Red meat. White bread. French fries. Soda. Sugar. These are just a few unhealthy foods that contribute to excess chronic inflammation inside the body. Chronic inflammation is no joke. It is invisible and often symptom-free. Cancer, heart disease, depression, arthritis and Alzheimer’s have been linked to chronic inflammation. When the body’s immune system must attack its enemies and does not shut-off, it releases a stream of compounds that promote inflammation, harming tissues and cells.

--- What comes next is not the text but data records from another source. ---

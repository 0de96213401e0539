-- ===== src/Rbac/Administration/OrgRoles/Tests.antt =====
-- An administrator edits, deletes and creates org roles.
use dreamsso.Common.{String, none, some, ◌≡◌, refl, Option, ◌==◌, string_eq, find?, if◌then◌else◌}
use dreamsso.Common.Int.{ℤ, pos}
use dreamsso.Common.Text.{utf16_length, trim, trim_start, trim_end, is_space}
use dreamsso.Common.Result.{Result, ok, err}
use dreamsso.Json.{Json, Fields, text, number, field, end}
use dreamsso.Store.{Store, OrgRole}
use dreamsso.Store.Sample.{sample}
use dreamsso.Rbac.Errors.{RoleError}
use dreamsso.Rbac.Catalog.{permissions}
use dreamsso.Rbac.Authz.{has_slug, resolve_authz, collect_granted, effect_of, role_effect, role_row}
use dreamsso.Rbac.Administration.{lock_actors, require_permission, write_audit}
use dreamsso.Rbac.Administration.OrgRoles.{
  patch_org_role, read_label, read_level, update_role, apply_patch, is_label, is_level,
  delete_org_role, role_in_use, default_org_role, remove_role, create_org_role, read_role,
  role_errors, level_errors, is_slug, is_slug_rest, insert_role, seed_role,
}
use dreamsso.Rbac.Administration.OrgRoles.Below.{Outranks, patch_org_role_below}
use dreamsso.Rbac.Administration.OrgRoles.Creation.{Created, create_org_role-Created}

abbrev number_of : Json → Option ℤ
number_of (number n) = some n
number_of _ = none

abbrev store_of : Result RoleError Store → Store
store_of (ok db) = db
store_of (err e) = sample

abbrev patch : Fields
patch = field "label" (text "Visitor") (field "level" (number (pos 300)) end)

abbrev patched_store : Store
patched_store = store_of (patch_org_role number_of sample 2 "guest" patch)

patch_run : patch_org_role number_of sample 2 "guest" patch ≡ ok patched_store
unfolding patch_org_role read_label read_level update_role apply_patch is_label is_level lock_actors
    require_permission write_audit resolve_authz collect_granted effect_of role_effect role_row
    permissions utf16_length trim trim_start trim_end is_space
patch_run = refl

patch_org_role_below_example :
    (old : OrgRole) × (new : OrgRole) × (find? (has_slug "guest") sample.org_roles ≡ some old)
    × Outranks sample 2 old
    × (find? (has_slug "guest") patched_store.org_roles ≡ some new)
    × Outranks sample 2 new
    × ((other : String)
        → find? (has_slug other) patched_store.org_roles
          ≡ (if "guest" == other then some new else find? (has_slug other) sample.org_roles))
patch_org_role_below_example =
    patch_org_role_below number_of sample 2 "guest" patch patched_store patch_run

abbrev deleted_store : Store
deleted_store = store_of (delete_org_role sample 2 "guest")

delete_run : delete_org_role sample 2 "guest" ≡ ok deleted_store
unfolding delete_org_role role_in_use default_org_role remove_role lock_actors require_permission
    write_audit resolve_authz collect_granted effect_of role_effect role_row permissions
delete_run = refl

abbrev body : Fields
body =
    field "slug" (text "editor_1")
      (field "label" (text "Editor") (field "level" (number (pos 50)) end))

abbrev created_store : Result RoleError (Store × String) → Store
created_store (ok r) = r.0
created_store (err e) = sample

create_run :
    create_org_role number_of sample 2 body
    ≡ ok (created_store (create_org_role number_of sample 2 body), "editor_1")
unfolding create_org_role read_role role_errors level_errors is_slug is_slug_rest is_label is_level
    insert_role seed_role default_org_role lock_actors require_permission write_audit resolve_authz
    collect_granted effect_of role_effect role_row permissions utf16_length trim trim_start trim_end
    is_space
create_run = refl

create_org_role-Created_example :
    Created sample 2 (created_store (create_org_role number_of sample 2 body)) "editor_1"
create_org_role-Created_example =
    create_org_role-Created number_of sample 2 body
      (created_store (create_org_role number_of sample 2 body)) "editor_1" create_run
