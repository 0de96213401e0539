-- ===== src/Rbac/Administration/RoleAccess.antt =====
-- `applyRoleAccess` of src/rbac/roleAdministration.ts: the permissions of an org role and what it
-- hands down at each client.
use dreamsso.Common.{
  ℕ, String, false, not, ◌||◌, ◌&&◌, Option, none, some, List, [], ◌∷◌, map, find?, length, ltb,
  if◌then◌else◌, string_eq,
}
use dreamsso.Common.Int.{ℤ}
use dreamsso.Common.Result.{Result, ok, ◌>>=◌, ◌>>◌, fail_if, or_fail}
use dreamsso.Json.{Json, Fields, get}
use dreamsso.Store.{Store, Effect, write₂}
use dreamsso.Rbac.Level.{finite, le_level, lt_level}
use dreamsso.Rbac.AppRoles.{app_role_level}
use dreamsso.Rbac.Authz.{has_slug}
use dreamsso.Rbac.Errors.{RoleError, fail}
use dreamsso.Rbac.Changes.{publish_role_changes}
use dreamsso.Rbac.Administration.{
  Value, role, inherit, parse_value, entries_of, Actor, require_permission, lock_actors,
  org_default, write_audit, check_permissions, unknown_app_role,
}
use dreamsso.Rbac.Administration.UserAccess.{app_level, stored, is_empty, when}

-- `value === 'inherit' ? catalog.default_role_id : value`.
abbrev pub handed_down : Option ℤ → Value → Option ℤ
handed_down default inherit = default
handed_down default (role r) = r

-- A default may be changed only between roles that rank below the actor's own app role.
pub check_app_default : Store → ℕ → String → String → Json → Result RoleError Value
check_app_default db actor slug client json = do
  cat ← or_fail (db.app_role_catalogs client) (fail 404 "not_found")
  value ← or_fail (parse_value json) (fail 400 "invalid_request")
  fail_if (unknown_app_role db client value) (fail 400 "unknown_app_role")
  fail_if
      (lt_level (app_role_level db client (org_default db (some slug) client))
          (app_level db client actor)
        || le_level (app_role_level db client (handed_down cat.default_role_id value))
            (app_level db client actor))
      (fail 403 "app_role_above_level")
  ok value

pub check_app_defaults :
    Store → ℕ → String → List (String × Json) → Result RoleError (List (String × Value))
check_app_defaults db actor slug [] = ok []
check_app_defaults db actor slug ((client, json) ∷ rest) = do
  value ← check_app_default db actor slug client json
  checked ← check_app_defaults db actor slug rest
  ok ((client, value) ∷ checked)

pub admit_role : Store → ℕ → String → Result RoleError Actor
admit_role db actor_sub slug = do
  actor ← lock_actors db actor_sub
  found ← or_fail (find? (has_slug slug) db.org_roles) (fail 404 "not_found")
  fail_if (le_level (finite found.level) actor.level) (fail 403 "role_above_level")
  ok actor

pub read_role_changes : Fields → Result RoleError (List (String × Json) × List (String × Json))
read_role_changes changes = do
  permissions ← entries_of (get "permissions" changes)
  defaults ← entries_of (get "app_defaults" changes)
  fail_if (is_empty permissions && is_empty defaults) (fail 400 "no_changes")
  fail_if (ltb 100 (length permissions) || ltb 50 (length defaults)) (fail 400 "too_many_changes")
  ok (permissions, defaults)

pub write_role_effects :
    String
    → List (String × Option Effect)
    → (String → String → Option Effect)
    → String
    → String
    → Option Effect
write_role_effects slug [] table = table
write_role_effects slug ((key, choice) ∷ rest) table =
    write_role_effects slug rest (write₂ slug key choice table)

pub write_defaults :
    String
    → List (String × Value)
    → (String → String → Option (Option ℤ))
    → String
    → String
    → Option (Option ℤ)
write_defaults slug [] table = table
write_defaults slug ((client, value) ∷ rest) table =
    write_defaults slug rest (write₂ slug client (stored value) table)

pub write_role_access :
    Store → String → List (String × Option Effect) → List (String × Value) → Store
write_role_access db slug effects values = record db {
  role_permissions = write_role_effects slug effects db.role_permissions;
  org_role_app_defaults = write_defaults slug values db.org_role_app_defaults;
}

pub check_role_changes :
    Store
    → Actor
    → String
    → List (String × Json)
    → List (String × Json)
    → Result RoleError (List (String × Option Effect) × List (String × Value))
check_role_changes db actor slug permissions defaults = do
  when (not (is_empty permissions))
      (require_permission actor.granted "org.roles.edit.permissions.acctPortal")
  when (not (is_empty defaults)) (require_permission actor.granted "org.roles.edit.permissions.app")
  effects ← check_permissions false actor.granted permissions
  values ← check_app_defaults db actor.sub slug defaults
  ok (effects, values)

module _ (new_epoch : String → ℕ) where
  pub publish_role_access : Store → List (String × Value) → Result RoleError (Store × ℕ)
  publish_role_access db defaults =
      if is_empty defaults
      then ok (db, 0)
      else publish_role_changes new_epoch db (map (λ e. e.0) defaults) none false []

  pub apply_role_access : Store → ℕ → String → Fields → String → Result RoleError Store
  apply_role_access db actor_sub slug changes action = do
    actor ← admit_role db actor_sub slug
    (permissions, defaults) ← read_role_changes changes
    (effects, values) ← check_role_changes db actor slug permissions defaults
    published ← publish_role_access (write_role_access db slug effects values) values
    ok (write_audit published.0 actor_sub action none)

According to Harvard Health Publications, altering one’s lifestyle can significantly reduce unnecessary inflammation. A healthy diet is only part of the successful equation; an equation that does not necessarily include pills. Remember: Sleep, Exercise, Nutrition, Stress-Reduction, Positive Emotion (SENSE). To reach optimal health, the body needs to maintain a balance of SENSE.
Sleep
Lack of sleep also contributes to unneeded inflammation. During restorative sleep, the body revitalizes and the immune system rests. When establishing a healthy sleep pattern, your body is not at war with vigorous cells and tissues.
Exercise
Physical exercise is also necessary because it will help control weight gain while combating excess chronic inflammation. One of the studies published by the American Heart Association’s Circulation journal, evaluated the relationship between inflammation and physical activity. The participants who exercised regularly showed lower markers of inflammation. Experts recommend 20-30 minutes of aerobic exercise about 4 days a week. Try walking, jogging or swimming while doing about 20 minutes of strength or resistance training with weights.
Nutrition
The “superfoods” that help fight chronic inflammation include:
- fish
- avocados
- nuts
- flaxseed oil
- olive oil
- coffee
- leafy greens
- blueberries
- dark cherries
- apples
- strawberries
- oranges
Coffee and the fruits identified contain a high level of antioxidants and polyphenols, beneficial compounds derived from plants. Some foods such as nuts and avocados are high in calories but have high levels of Omega-3 fatty acids or “good fat.” Furthermore, studies have consistently shown that nuts such as walnuts and almonds reduce chronic inflammation along with avocados and healthy oils.
Harmful foods also cause weight gain, which is also a risk factor for inflammation. Aim to eat unprocessed plant foods with a variety of colors. Also avoid sugary drinks and artificial sweeteners. Read the ingredients carefully and stay clear of foods with hydrogenated oils and trans fat. That is your best bet.
Stress
It is no secret that stress is not good for the mind nor the body. But chronic stress also impacts the cell activity within the immune system. The body loses its ability to properly regulate inflammation thus promoting the progression of cardiovascular diseases and autoimmune disorders.
Positive Emotion
A sunny outlook and positive social interactions are associated with a stronger immune system. For many people, the absence of pessimism and negative moods equate to fewer illnesses and enhanced quality of life, according to several published papers by the Harvard School of Public Health.
Reducing chronic inflammation involves positive health of both body and mind and treating the individual as a whole. Now that makes SENSE.